I’m trying to send an attempt, but it’s just not working.
$ ssh \
-o PreferredAuthentications=password \
-o PubkeyAuthentication=no \
hucairz@mikedamm.com
I expected to see a password prompt, but I’m getting a connection refused message.
EDIT WAIT!!!
I got it. I think if you try once and fail, then your IP is blocked (I had gotten a response once before, but ignored it). I tried on a different IP address and I got this:
$ ssh -o PreferredAuthentications=password -o PubkeyAuthentication=no exampleUser@mikedamm.com
exampleUser@mikedamm.com's password:
Permission denied, please try again.
exampleUser@mikedamm.com's password:
Permission denied, please try again.
exampleUser@mikedamm.com's password:
exampleUser@mikedamm.com: Permission denied (publickey,password).

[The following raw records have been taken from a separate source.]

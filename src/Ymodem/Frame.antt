-- ===== src/Ymodem/Frame.antt =====
-- `recv_packet`: a block is a frame of the line, checked, and a frame is received as its block.
use drdro_mainboard.Base.{
  ℕ, zero, suc, ◌+◌, ◌*◌, ◌/◌, ◌%◌, ◌≤◌, ◌<◌, ◌≡◌, ◌⊎◌, inl, inr, refl, ap, ap₂, ◌∙◌, sym, subst,
  bit_xor, true, false, not, ◌==◌, ==-of-eq, eq-of-==, if◌then◌else◌, if_intro, List, [], ◌∷◌, ◌++◌,
  append_assoc, length, Option, some, none, All, IsByte, arith,
}
use drdro_mainboard.Base.Bits.{bit_xor_involutive}
use drdro_mainboard.Ymodem.{
  soh, stx, eot_byte, can_byte, Line, Rx, rx, crc16, Packet, block, eot, can, bad, or_bad, or_none,
  rx_bytes, check_packet, recv_block, recv_packet,
}

abbrev pub answers : List ℕ → Line
answers [] = []
answers (b ∷ p) = some b ∷ answers p

pub answers-append : (p q : List ℕ) → answers (p ++ q) ≡ answers p ++ answers q
answers-append [] q = refl
answers-append (b ∷ p) q = ap (◌∷◌ (some b)) (answers-append p q)

-- A block on the line after its header byte, and with it.
abbrev pub frame_body : ℕ → List ℕ → List ℕ
frame_body b p = b ∷ bit_xor b 0xFF ∷ (p ++ crc16 p / 256 ∷ crc16 p % 256 ∷ [])

abbrev pub frame : ℕ → List ℕ → List ℕ
frame b p = (if length p == 128 then soh else stx) ∷ frame_body b p

-- The answers of a line are bytes or timeouts.
abbrev pub IsAnswer : Option ℕ → Type 0
IsAnswer none = Unit
IsAnswer (some b) = IsByte b

abbrev pub IsLine : Line → Type 0
IsLine l = All IsAnswer l

abbrev pub Suffix : Line → Line → Type 0
Suffix l' l = (taken : Line) × (taken ++ l' ≡ l)

Suffix-trans : (l'' l' l : Line) → Suffix l'' l' → Suffix l' l → Suffix l'' l
Suffix-trans l'' l' l (t, e) (u, f) = (u ++ t, append_assoc u t l'' ∙ ap (◌++◌ u) e ∙ f)

-- The line that a taken part leaves.
pub Suffix-IsLine : (l' l : Line) → Suffix l' l → IsLine l → IsLine l'
Suffix-IsLine l' l (t, e) h = drop_front t (subst IsLine (sym e) h)
  where
    drop_front : (t : Line) → IsLine (t ++ l') → IsLine l'
    drop_front [] k = k
    drop_front (a ∷ t) k = drop_front t k.1

pub rx-Suffix : (l : Line) → Suffix (rx l).1 l
rx-Suffix [] = ([], refl)
rx-Suffix (a ∷ l) = (a ∷ [], refl)

rx-some : (l : Line) (b : ℕ) → (rx l).0 ≡ some b → some b ∷ (rx l).1 ≡ l
rx-some [] b e = absurd (apart e)
  where
    apart : none ≡ some b → ⊥
    apart p = cc
rx-some (a ∷ l) b e = ap (λ (x : Option ℕ). x ∷ l) (sym e)

rx-IsByte : (l : Line) (b : ℕ) → IsLine l → (rx l).0 ≡ some b → IsByte b
rx-IsByte l b h e = (subst IsLine (sym (rx-some l b e)) h).0

or_bad_intro :
    {A : Type 0} (P : Packet × Line → Type 0) (r : Rx A) (next : A → Line → Packet × Line)
    → P (bad, r.1)
    → ((a : A) → r.0 ≡ some a → P (next a r.1))
    → P (or_bad r next)
or_bad_intro P (none, l) next h k = h
or_bad_intro P (some a, l) next h k = k a refl

or_none_intro :
    {A B : Type 0} (P : Rx B → Type 0) (r : Rx A) (next : A → Line → Rx B)
    → P (none, r.1)
    → ((a : A) → r.0 ≡ some a → P (next a r.1))
    → P (or_none r next)
or_none_intro P (none, l) next h k = h
or_none_intro P (some a, l) next h k = k a refl

-- What `rx_bytes` read.
abbrev Got : ℕ → Line → Line → Option (List ℕ) → Type 0
Got n l l' none = Unit
Got n l l' (some p) = (answers p ++ l' ≡ l) × (length p ≡ n)

abbrev Read : ℕ → Line → Rx (List ℕ) → Type 0
Read n l r = Suffix r.1 l × Got n l r.1 r.0

rx_bytes_lem : (n : ℕ) (l : Line) → Read n l (rx_bytes n l)
unfolding rx_bytes
rx_bytes_lem zero l = (([], refl), (refl, refl))
rx_bytes_lem (suc n) l =
    or_none_intro (Read (suc n) l) (rx l)
      (λ b l1. or_none (rx_bytes n l1) λ p l2. (some (b ∷ p), l2)) (rx-Suffix l, tt)
      (λ b e.
        or_none_intro (Read (suc n) l) (rx_bytes n (rx l).1) (λ p l2. (some (b ∷ p), l2))
          (
            Suffix-trans (rx_bytes n (rx l).1).1 (rx l).1 l (rx_bytes_lem n (rx l).1).0
                (rx-Suffix l),
            tt,
          )
          (λ p e2.
            let got : Got n (rx l).1 (rx_bytes n (rx l).1).1 (some p) =
              subst (Got n (rx l).1 (rx_bytes n (rx l).1).1) e2 (rx_bytes_lem n (rx l).1).1 in
            (
              Suffix-trans (rx_bytes n (rx l).1).1 (rx l).1 l (rx_bytes_lem n (rx l).1).0
                  (rx-Suffix l),
              (ap (◌∷◌ (some b)) got.0 ∙ rx-some l b e, ap suc got.1),
            )))

answers-IsByte : (p : List ℕ) (l : Line) → IsLine (answers p ++ l) → All IsByte p
answers-IsByte [] l h = tt
answers-IsByte (b ∷ p) l h = (h.0, answers-IsByte p l h.1)

-- A received packet: where it is a block, what was taken is that block's frame.
abbrev IsBody : ℕ → Packet → Line → Type 0
IsBody n (block b p) taken =
    (taken ≡ answers (frame_body b p)) × IsByte b × All IsByte p × (length p ≡ n)
IsBody n eot taken = Unit
IsBody n can taken = Unit
IsBody n bad taken = Unit

abbrev Body : ℕ → Line → Packet × Line → Type 0
Body n l r = (taken : Line) × (taken ++ r.1 ≡ l) × IsBody n r.0 taken

check_packet_lem :
    (b1 b2 : ℕ) (p : List ℕ) (ch cl : ℕ)
    → IsByte b1
    → All IsByte p
    → IsByte cl
    → IsBody (length p) (check_packet b1 b2 p ch cl) (answers (b1 ∷ b2 ∷ (p ++ ch ∷ cl ∷ [])))
unfolding check_packet
check_packet_lem b1 b2 p ch cl h k q =
    if_intro (λ (r : Packet). IsBody (length p) r taken) (not (bit_xor b1 b2 == 0xFF)) bad
      (if not (crc16 p == ch * 256 + cl) then bad else block b1 p) (λ e. tt)
      (λ e.
        if_intro (λ (r : Packet). IsBody (length p) r taken) (not (crc16 p == ch * 256 + cl)) bad
          (block b1 p) (λ e2. tt)
          (λ e2.
            let x : bit_xor b1 b2 ≡ 0xFF = ground (arith, e) in
            let y : crc16 p ≡ ch * 256 + cl = ground (arith, e2) in
            (
              ap₂ (λ (c : ℕ) (s : List ℕ). answers (b1 ∷ c ∷ (p ++ s)))
                  (sym (bit_xor_involutive b1 b2) ∙ ap (bit_xor b1) x)
                  (ap₂ (λ (u v : ℕ). u ∷ v ∷ []) {x = ch} {y = crc16 p / 256} {u = cl}
                    {v = crc16 p % 256} (omega (arith, y, q)) (omega (arith, y, q))),
              h,
              k,
              refl,
            )))
  where
    taken : Line
    taken = answers (b1 ∷ b2 ∷ (p ++ ch ∷ cl ∷ []))

Suffix-Body : (n : ℕ) (l' l : Line) → Suffix l' l → Body n l (bad, l')
Suffix-Body n l' l (t, e) = (t, e, tt)

recv_block_lem : (n : ℕ) (l : Line) → IsLine l → Body n l (recv_block n l)
unfolding recv_block
recv_block_lem n l h =
    or_bad_intro (Body n l) (rx l)
      (λ b1 l1. or_bad (rx l1) λ b2 l2.
        or_bad (rx_bytes n l2)
          λ p l3. or_bad (rx l3) λ ch l4. or_bad (rx l4) λ cl l5. (check_packet b1 b2 p ch cl, l5))
      (Suffix-Body n l1 l s1)
      (λ b1 e1.
        or_bad_intro (Body n l) (rx l1)
          (λ b2 l2. or_bad (rx_bytes n l2) λ p l3.
            or_bad (rx l3) λ ch l4. or_bad (rx l4) λ cl l5. (check_packet b1 b2 p ch cl, l5))
          (Suffix-Body n l2 l s2)
          (λ b2 e2.
            or_bad_intro (Body n l) (rx_bytes n l2)
              (λ p l3.
                or_bad (rx l3) λ ch l4. or_bad (rx l4) λ cl l5. (check_packet b1 b2 p ch cl, l5))
              (Suffix-Body n l3 l s3)
              (λ p e3.
                or_bad_intro (Body n l) (rx l3)
                  (λ ch l4. or_bad (rx l4) λ cl l5. (check_packet b1 b2 p ch cl, l5))
                  (Suffix-Body n l4 l s4)
                  (λ ch e4.
                    or_bad_intro (Body n l) (rx l4) (λ cl l5. (check_packet b1 b2 p ch cl, l5))
                      (Suffix-Body n l5 l s5)
                      (λ cl e5.
                        let got : Got n l2 l3 (some p) =
                          subst (Got n l2 l3) e3 (rx_bytes_lem n l2).1 in
                        (
                          answers (b1 ∷ b2 ∷ (p ++ ch ∷ cl ∷ [])),
                          ap (λ (t : Line). some b1 ∷ some b2 ∷ (t ++ l5))
                                (answers-append p (ch ∷ cl ∷ []))
                              ∙ ap (λ (t : Line). some b1 ∷ some b2 ∷ t)
                                  (append_assoc (answers p) (some ch ∷ some cl ∷ []) l5
                                    ∙ ap (λ (t : Line). answers p ++ some ch ∷ t) (rx-some l4 cl e5)
                                    ∙ ap (λ (t : Line). answers p ++ t) (rx-some l3 ch e4)
                                    ∙ got.0)
                              ∙ ap (λ (t : Line). some b1 ∷ t) (rx-some l1 b2 e2)
                              ∙ rx-some l b1 e1,
                          subst
                              (λ (k : ℕ).
                                IsBody k (check_packet b1 b2 p ch cl)
                                  (answers (b1 ∷ b2 ∷ (p ++ ch ∷ cl ∷ []))))
                              got.1
                              (check_packet_lem b1 b2 p ch cl (rx-IsByte l b1 h e1)
                                (answers-IsByte p l3
                                  (subst IsLine (sym got.0) (Suffix-IsLine l2 l s2 h)))
                                (rx-IsByte l4 cl (Suffix-IsLine l4 l s4 h) e5)),
                        ))))))
  where
    l1 : Line
    l1 = (rx l).1

    l2 : Line
    l2 = (rx l1).1

    l3 : Line
    l3 = (rx_bytes n l2).1

    l4 : Line
    l4 = (rx l3).1

    l5 : Line
    l5 = (rx l4).1

    s1 : Suffix l1 l
    s1 = rx-Suffix l

    s2 : Suffix l2 l
    s2 = Suffix-trans l2 l1 l (rx-Suffix l1) s1

    s3 : Suffix l3 l
    s3 = Suffix-trans l3 l2 l (rx_bytes_lem n l2).0 s2

    s4 : Suffix l4 l
    s4 = Suffix-trans l4 l3 l (rx-Suffix l3) s3

    s5 : Suffix l5 l
    s5 = Suffix-trans l5 l4 l (rx-Suffix l4) s4

-- A packet, with its header byte.
abbrev pub IsPacket : Packet → Line → Type 0
IsPacket (block b p) taken =
    (taken ≡ answers (frame b p)) × IsByte b × All IsByte p × (0 < length p) × (length p ≤ 1024)
IsPacket eot taken = Unit
IsPacket can taken = Unit
IsPacket bad taken = Unit

abbrev pub Received : Line → Packet × Line → Type 0
Received l r = (taken : Line) × (taken ++ r.1 ≡ l) × IsPacket r.0 taken

-- The body after the header byte that announces its length.
header_lem :
    (hdr n : ℕ) (r : Packet × Line) (l : Line)
    → ((n ≡ 128) × (hdr ≡ soh)) ⊎ ((n ≡ 1024) × (hdr ≡ stx))
    → Body n l r
    → Received (some hdr ∷ l) r
header_lem hdr n (block b p, l') l which (t, e, body) = (
  some hdr ∷ t,
  ap (◌∷◌ (some hdr)) e,
  (
    ap₂ (λ (x : ℕ) (y : Line). some x ∷ y) first body.0,
    body.1,
    body.2,
    omega (arith, body.3, which),
    omega (arith, body.3, which),
  ),
)
  where
    first : hdr ≡ (if length p == 128 then soh else stx)
    first = ground (arith, body.3, which)
header_lem hdr n (eot, l') l which (t, e, body) = (some hdr ∷ t, ap (◌∷◌ (some hdr)) e, tt)
header_lem hdr n (can, l') l which (t, e, body) = (some hdr ∷ t, ap (◌∷◌ (some hdr)) e, tt)
header_lem hdr n (bad, l') l which (t, e, body) = (some hdr ∷ t, ap (◌∷◌ (some hdr)) e, tt)

-- Whatever stands on the line, the packet that is received was taken off its front, and a block is
-- received only where its frame stood there: its number twice, its data, and their CRC-16.
pub recv_packet_lem : (l : Line) → IsLine l → Received l (recv_packet l)
unfolding recv_packet
recv_packet_lem l h =
    or_bad_intro (Received l) (rx l)
      (λ hdr l1.
        if hdr == soh
        then recv_block 128 l1
        else if hdr == stx
        then recv_block 1024 l1
        else if hdr == eot_byte
        then (eot, l1)
        else if hdr == can_byte
        then (can, l1)
        else (bad, l1))
      (rest bad tt)
      (λ hdr e.
        let P : Packet × Line → Type 0 = Received l in
        let front = rx-some l hdr e in
        if_intro P (hdr == soh) (recv_block 128 l1)
          (if hdr == stx
            then recv_block 1024 l1
            else if hdr == eot_byte
            then (eot, l1)
            else if hdr == can_byte
            then (can, l1)
            else (bad, l1))
          (λ q.
            subst (λ (k : Line). Received k (recv_block 128 l1)) front
              (header_lem hdr 128 (recv_block 128 l1) l1 (inl (refl, eq-of-== hdr soh q))
                (recv_block_lem 128 l1 h1)))
          (λ q.
            if_intro P (hdr == stx) (recv_block 1024 l1)
              (if hdr == eot_byte
                then (eot, l1)
                else if hdr == can_byte
                then (can, l1)
                else (bad, l1))
              (λ q.
                subst (λ (k : Line). Received k (recv_block 1024 l1)) front
                  (header_lem hdr 1024 (recv_block 1024 l1) l1 (inr (refl, eq-of-== hdr stx q))
                    (recv_block_lem 1024 l1 h1)))
              (λ q.
                if_intro P (hdr == eot_byte) (eot, l1)
                  (if hdr == can_byte then (can, l1) else (bad, l1)) (λ q. rest eot tt)
                  (λ q.
                    if_intro P (hdr == can_byte) (can, l1) (bad, l1) (λ q. rest can tt)
                      (λ q. rest bad tt)))))
  where
    l1 : Line
    l1 = (rx l).1

    h1 : IsLine l1
    h1 = Suffix-IsLine l1 l (rx-Suffix l) h

    rest : (r : Packet) → IsPacket r (rx-Suffix l).0 → Received l (r, l1)
    rest r k = ((rx-Suffix l).0, (rx-Suffix l).1, k)

rx_bytes-answers :
    (p : List ℕ) (rest : Line) → rx_bytes (length p) (answers p ++ rest) ≡ (some p, rest)
unfolding rx_bytes
rx_bytes-answers [] rest = refl
rx_bytes-answers (b ∷ p) rest = rw (rx_bytes-answers p rest) refl

recv_block-frame :
    (b : ℕ) (p : List ℕ) (rest : Line)
    → recv_block (length p) (answers (frame_body b p) ++ rest) ≡ (block b p, rest)
unfolding recv_block check_packet
recv_block-frame b p rest =
    rw (split, rx_bytes-answers p (some hi ∷ some lo ∷ rest), number, sum) refl
  where
    hi : ℕ
    hi = crc16 p / 256

    lo : ℕ
    lo = crc16 p % 256

    split : answers (p ++ hi ∷ lo ∷ []) ++ rest ≡ answers p ++ some hi ∷ some lo ∷ rest
    split =
        ap (λ (t : Line). t ++ rest) (answers-append p (hi ∷ lo ∷ []))
        ∙ append_assoc (answers p) (some hi ∷ some lo ∷ []) rest

    number : (bit_xor b (bit_xor b 0xFF) == 0xFF) ≡ true
    number = ==-of-eq (bit_xor b (bit_xor b 0xFF)) 0xFF (bit_xor_involutive b 0xFF)

    sum : (crc16 p == hi * 256 + lo) ≡ true
    sum = ==-of-eq (crc16 p) (hi * 256 + lo) (omega arith)

-- The lengths a block can have.
abbrev pub IsBlockLength : ℕ → Type 0
IsBlockLength n = (n ≡ 128) ⊎ (n ≡ 1024)

-- A frame at the front of the line is received as its block.
pub recv_packet-frame :
    (b : ℕ) (p : List ℕ) (rest : Line)
    → IsBlockLength (length p)
    → recv_packet (answers (frame b p) ++ rest) ≡ (block b p, rest)
unfolding recv_packet
recv_packet-frame b p rest (inl n) = rw (==-of-eq (length p) 128 n) (
    ap (λ (k : ℕ). recv_block k (answers (frame_body b p) ++ rest)) (sym n)
    ∙ recv_block-frame b p rest)
recv_packet-frame b p rest (inr n) = rw (other) (
    ap (λ (k : ℕ). recv_block k (answers (frame_body b p) ++ rest)) (sym n)
    ∙ recv_block-frame b p rest)
  where
    other : (length p == 128) ≡ false
    other = ground (arith, n)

But, sadly, I’m still not getting my 40 characters of fame on Mike’s website.
because they fit on a single line when/if you’re editing authorized_keys files manually, had to cleanup someone putting newline characters where they don’t belong somewhere in the obnoxiously huge rsa keys by accident today for example, this broke ssh login for everybody on that machine
Anyone who uses the password “root” for root deserves to get hacked.